The quest for high-quality data
Ihab Ilyas highlights the data-quality problem and describes the HoloClean framework, a state-of-the-art prediction engine for structured data with direct applications in detecting and repairing data errors, as well as imputing missing labels and values.
Talk Title | The quest for high-quality data |
Speakers | Ihab Ilyas (University of Waterloo) |
Conference | O’Reilly Artificial Intelligence Conference |
Conf Tag | Put AI to Work |
Location | London, United Kingdom |
Date | October 15-17, 2019 |
URL | Talk Page |
Slides | Talk Slides |
Video | Talk Video |
“AI starts with good data” is a statement that receives wide agreement from data scientists, analysts, and business owners.

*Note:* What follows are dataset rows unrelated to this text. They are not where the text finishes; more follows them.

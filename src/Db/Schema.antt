-- ===== src/Db/Schema.antt =====
-- ui/app/db.py, SCHEMA: one record for each table's row, and the database as the list of rows of
-- each table with the next value of the identity columns. Times are seconds since the epoch. A
-- nullable column is an Option.
use openvpn_server.Base.{ℕ, List, Option, Text}

pub record User : Type 0 where
  pub id : ℕ
  pub username : Text
  pub password_hash : Text
  pub created_at : ℕ
  pub last_login : Option ℕ
  pub client_name : Option Text
  pub client_serial : Option Text

pub record WebSession : Type 0 where
  pub token_hash : Text
  pub user_id : ℕ
  pub created_at : ℕ
  pub expires_at : ℕ
  pub ip : Option Text
  pub user_agent : Option Text

pub record Setting : Type 0 where
  pub key : Text
  pub value : Text

pub record ClientRow : Type 0 where
  pub name : Text
  pub note : Text
  pub created_at : ℕ

pub record HiddenCert : Type 0 where
  pub serial : Text
  pub name : Option Text
  pub hidden_at : ℕ

pub record VpnSession : Type 0 where
  pub id : ℕ
  pub client_name : Text
  pub cid : Option ℕ
  pub real_address : Option Text
  pub vpn_ip : Option Text
  pub username : Option Text
  pub cipher : Option Text
  pub connected_at : ℕ
  pub last_seen : ℕ
  pub disconnected_at : Option ℕ
  pub bytes_in : ℕ
  pub bytes_out : ℕ
  pub proto : Option Text
  pub platform : Option Text
  pub client_ver : Option Text
  pub end_reason : Option Text
  pub grp : Option ℕ

pub record RelaySession : Type 0 where
  pub id : Text
  pub grp : Text
  pub client_name : Text
  pub credential_id : Text
  pub transport : Text
  pub started_at : ℕ
  pub last_seen : ℕ
  pub sampled_at : ℕ
  pub active : ℕ
  pub accepted : ℕ
  pub denied : ℕ
  pub failed : ℕ
  pub bytes_up : ℕ
  pub bytes_down : ℕ
  pub uncounted : ℕ

-- A row of traffic_minute, traffic_hour or traffic_day, with primary key (ts, client_name).
pub record Bucket : Type 0 where
  pub ts : ℕ
  pub client_name : Text
  pub bytes_in : ℕ
  pub bytes_out : ℕ

pub record Event : Type 0 where
  pub id : ℕ
  pub ts : ℕ
  pub kind : Text
  pub client_name : Option Text
  pub actor : Option Text
  pub detail : Option Text

pub record ArchivedClient : Type 0 where
  pub key : Text
  pub name : Text
  pub archived_at : ℕ

pub record Rejection : Type 0 where
  pub day : ℕ
  pub client_name : Text
  pub reason : Text
  pub address : Text
  pub count : ℕ
  pub last_ts : ℕ

pub record ShareToken : Type 0 where
  pub token_hash : Text
  pub client_name : Text
  pub created_at : ℕ
  pub expires_at : ℕ
  pub used_at : Option ℕ
  pub created_by : Option Text

pub record Db : Type 0 where
  pub users : List User
  pub next_user : ℕ
  pub web_sessions : List WebSession
  pub settings : List Setting
  pub clients : List ClientRow
  pub hidden_certs : List HiddenCert
  pub vpn_sessions : List VpnSession
  pub next_session : ℕ
  pub relay_sessions : List RelaySession
  pub traffic_minute : List Bucket
  pub traffic_hour : List Bucket
  pub traffic_day : List Bucket
  pub events : List Event
  pub next_event : ℕ
  pub archived_clients : List ArchivedClient
  pub rejections : List Rejection
  pub share_tokens : List ShareToken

There has been a significant increase in our ability to build complex AI models for prediction, classification, and various analytics tasks, and there’s an abundance of (fairly easy to use) tools that allow data scientists and analysts to provision complex models within days. However, the lack of data or data-quality issues remains the main bottleneck holding back further adoption of AI technologies. Even with advances in building robust models, the reality is that noisy data and incomplete data remain the biggest hurdles to effective end-to-end solutions. Multiple studies prove that cleaning data is a much more effective investment than enhancing learning robustness. Ihab Ilyas highlights this data quality problem and describes the HoloClean framework, a state-of-the-art prediction engine for structured data with direct applications in detecting and repairing data errors, as well as imputing missing labels and values. The framework uses techniques such as data augmentation and self-supervised learning to build models that describe how data is generated and how errors and anomalies are introduced.